(Collected data)
-- ===== src/Extent/Inode/Based.antt =====
-- Where `write_file` of inode_manager.cc gives a file its block of addresses, before it adds blocks.
use cse_2014_undergrad.Prelude.{
  ℕ, suc, ◌<◌, ◌≤◌, true, false, Bool, ◌||◌, ◌≡◌, ◌≢◌, refl, sym, ap, ◌∙◌, arith, if◌then◌else◌,
  ltb, leb, ◌&&◌, ◌==◌, ==-refl, Bool-cases, inl, inr, update, update_ne, update_self,
}
use cse_2014_undergrad.Extent.Block.{block_size, Block, BlockManager, alloc_block}
use cse_2014_undergrad.Extent.Block.Place.{IsBytes, used}
use cse_2014_undergrad.Extent.Block.Bitmap.{IsFormatted}
use cse_2014_undergrad.Extent.Block.Room.{IsRecorded, IsRoom, alloc_block-IsRoom}
use cse_2014_undergrad.Extent.Inode.{ndirect, ceil}
use cse_2014_undergrad.Extent.Inode.Records.{IsInode}
use cse_2014_undergrad.Extent.Inode.File.{Open, blk}
use cse_2014_undergrad.Extent.Inode.Head.{IsOwned, IsForeign}

-- The block of addresses that a file gets with its first block that is not direct
abbrev pub based : Block → BlockManager → Open → ℕ → ℕ → BlockManager × Open
based stack bm f bc bc_new =
    let (id, bm') = alloc_block stack bm in
    if leb bc ndirect && ltb ndirect bc_new
    then (
      bm',
      record {
        ino = record f.ino { blocks = update f.ino.blocks ndirect id };
        ind = λ i. if ltb i block_size then 0 else f.ind i;
      },
    )
    else (bm, f)

-- What a file is before it gets new blocks of contents
pub record IsBased (bm : BlockManager) (f : Open) (bc bc_new n : ℕ) (bm1 : BlockManager) (f1 : Open)
    : Type 0 where
  pub kept : (k : ℕ) → k < bc → blk f1 k ≡ blk f k
  pub last :
      ndirect < bc_new
      → IsRecorded (f1.ino.blocks ndirect) × (used bm1.disk (f1.ino.blocks ndirect) ≡ true)
  pub apart : (k : ℕ) → ndirect < bc_new → k < bc → blk f k ≢ f1.ino.blocks ndirect
  pub foreign : (id : ℕ) → ndirect < bc_new → IsForeign bm f id → f1.ino.blocks ndirect ≢ id
  pub no_last : bc_new ≤ ndirect → f1.ino.blocks ndirect ≡ 0
  pub type : f1.ino.type ≡ f.ino.type
  pub valid : IsInode f.ino → IsInode f1.ino
  pub same : (id : ℕ) → 10 ≤ id → bm1.disk id ≡ bm.disk id
  pub in_use : (j : ℕ) → IsRecorded j → used bm.disk j ≡ true → used bm1.disk j ≡ true
  pub room : IsRoom n bm1.disk
  pub bytes : IsBytes bm1.disk
  pub formatted : IsFormatted bm1
  pub nblocks : bm1.nblocks ≡ bm.nblocks

false≢true : false ≢ true
false≢true e = cc

-- A block that is free is none that is in use.
pub differ : (u : ℕ → Bool) (x y : ℕ) → u x ≡ false → u y ≡ true → y ≢ x
differ u x y p q e = false≢true (sym p ∙ ap u (sym e) ∙ q)

pub based-IsBased :
    (stack : Block) (bm : BlockManager) (f : Open) (bc_new n : ℕ)
    → IsFormatted bm
    → IsBytes bm.disk
    → IsRoom (suc n) bm.disk
    → IsOwned bm f
    → ceil f.ino.size block_size < bc_new
    → let (bm1, f1) = based stack bm f (ceil f.ino.size block_size) bc_new in
      IsBased bm f (ceil f.ino.size block_size) bc_new n bm1 f1
unfolding alloc_block
based-IsBased stack bm f bc_new n h b r o l =
    let bc = ceil f.ino.size block_size in
    elim (Bool-cases (leb bc ndirect && ltb ndirect bc_new)) [
      | inl y ↦
          (let (v, u, w, r', b', s) = alloc_block-IsRoom stack bm n h b r in
            let id = (alloc_block stack bm).0 in
            let short : bc ≤ ndirect = ground (arith, y) in
            rw y (record {
              kept = λ k m.
                  (let z : ltb k ndirect ≡ true = ground arith in
                    rw z (update_ne f.ino.blocks ndirect k id (λ e. omega (arith, e))));
              last = λ m.
                  rw (update_self f.ino.blocks ndirect id)
                    (v, w id v ∙ ap (λ t. t || used bm.disk id) (==-refl id));
              apart = λ k m q e.
                  differ (used bm.disk) id (blk f k) u (o.recorded k q).1
                    (e ∙ update_self f.ino.blocks ndirect id);
              foreign = λ i m z. elim z.kind [
                | inl q ↦ λ e. omega (arith, q, e, v.0, update_self f.ino.blocks ndirect id)
                | inr (q, q') ↦ λ e.
                    differ (used bm.disk) id i u q' (sym e ∙ update_self f.ino.blocks ndirect id)
              ];
              no_last = λ m. absurd (ground (arith, y));
              type = refl;
              valid = λ g. record {
                type = g.type;
                size = g.size;
                atime = g.atime;
                mtime = g.mtime;
                ctime = g.ctime;
                blocks = λ j. ground (arith, g.blocks j, v.1);
                none_beyond = λ j m.
                    update_ne f.ino.blocks ndirect j id (λ e. omega (arith, e)) ∙ g.none_beyond j m;
              };
              same = s;
              in_use = λ j m q. w j m ∙ or_true (id == j) q;
              room = r';
              bytes = b';
              formatted = record { blocks = h.blocks; inodes = h.inodes };
              nblocks = refl;
            }))
      | inr y ↦ rw y (record {
        kept = λ k m. refl;
        last = λ m.
            (let q = o.last_recorded (ground (arith, y)) in
              (((o.layout.last_placed (ground (arith, y))).0, q.0), q.1));
        apart = λ k m q. o.layout.last_apart k (ground (arith, y)) q;
        foreign = λ i m z. z.last (ground (arith, y));
        no_last = λ m. o.no_last (omega arith);
        type = refl;
        valid = λ g. g;
        same = λ id m. refl;
        in_use = λ j m q. q;
        room = omega arith;
        bytes = b;
        formatted = h;
        nblocks = refl;
      })
    ]
  where
    or_true : (a : Bool) {b : Bool} → b ≡ true → (a || b) ≡ true
    or_true a h = ground arith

> _Task requirements_
Extract the lines above, from the first one through the one containing "based stack bm f bc bc_new", and return only those, unchanged.

> _Problem solution_
-- ===== src/Extent/Inode/Based.antt =====
-- Where `write_file` of inode_manager.cc gives a file its block of addresses, before it adds blocks.
use cse_2014_undergrad.Prelude.{
  ℕ, suc, ◌<◌, ◌≤◌, true, false, Bool, ◌||◌, ◌≡◌, ◌≢◌, refl, sym, ap, ◌∙◌, arith, if◌then◌else◌,
  ltb, leb, ◌&&◌, ◌==◌, ==-refl, Bool-cases, inl, inr, update, update_ne, update_self,
}
use cse_2014_undergrad.Extent.Block.{block_size, Block, BlockManager, alloc_block}
use cse_2014_undergrad.Extent.Block.Place.{IsBytes, used}
use cse_2014_undergrad.Extent.Block.Bitmap.{IsFormatted}
use cse_2014_undergrad.Extent.Block.Room.{IsRecorded, IsRoom, alloc_block-IsRoom}
use cse_2014_undergrad.Extent.Inode.{ndirect, ceil}
use cse_2014_undergrad.Extent.Inode.Records.{IsInode}
use cse_2014_undergrad.Extent.Inode.File.{Open, blk}
use cse_2014_undergrad.Extent.Inode.Head.{IsOwned, IsForeign}

-- The block of addresses that a file gets with its first block that is not direct
abbrev pub based : Block → BlockManager → Open → ℕ → ℕ → BlockManager × Open
based stack bm f bc bc_new =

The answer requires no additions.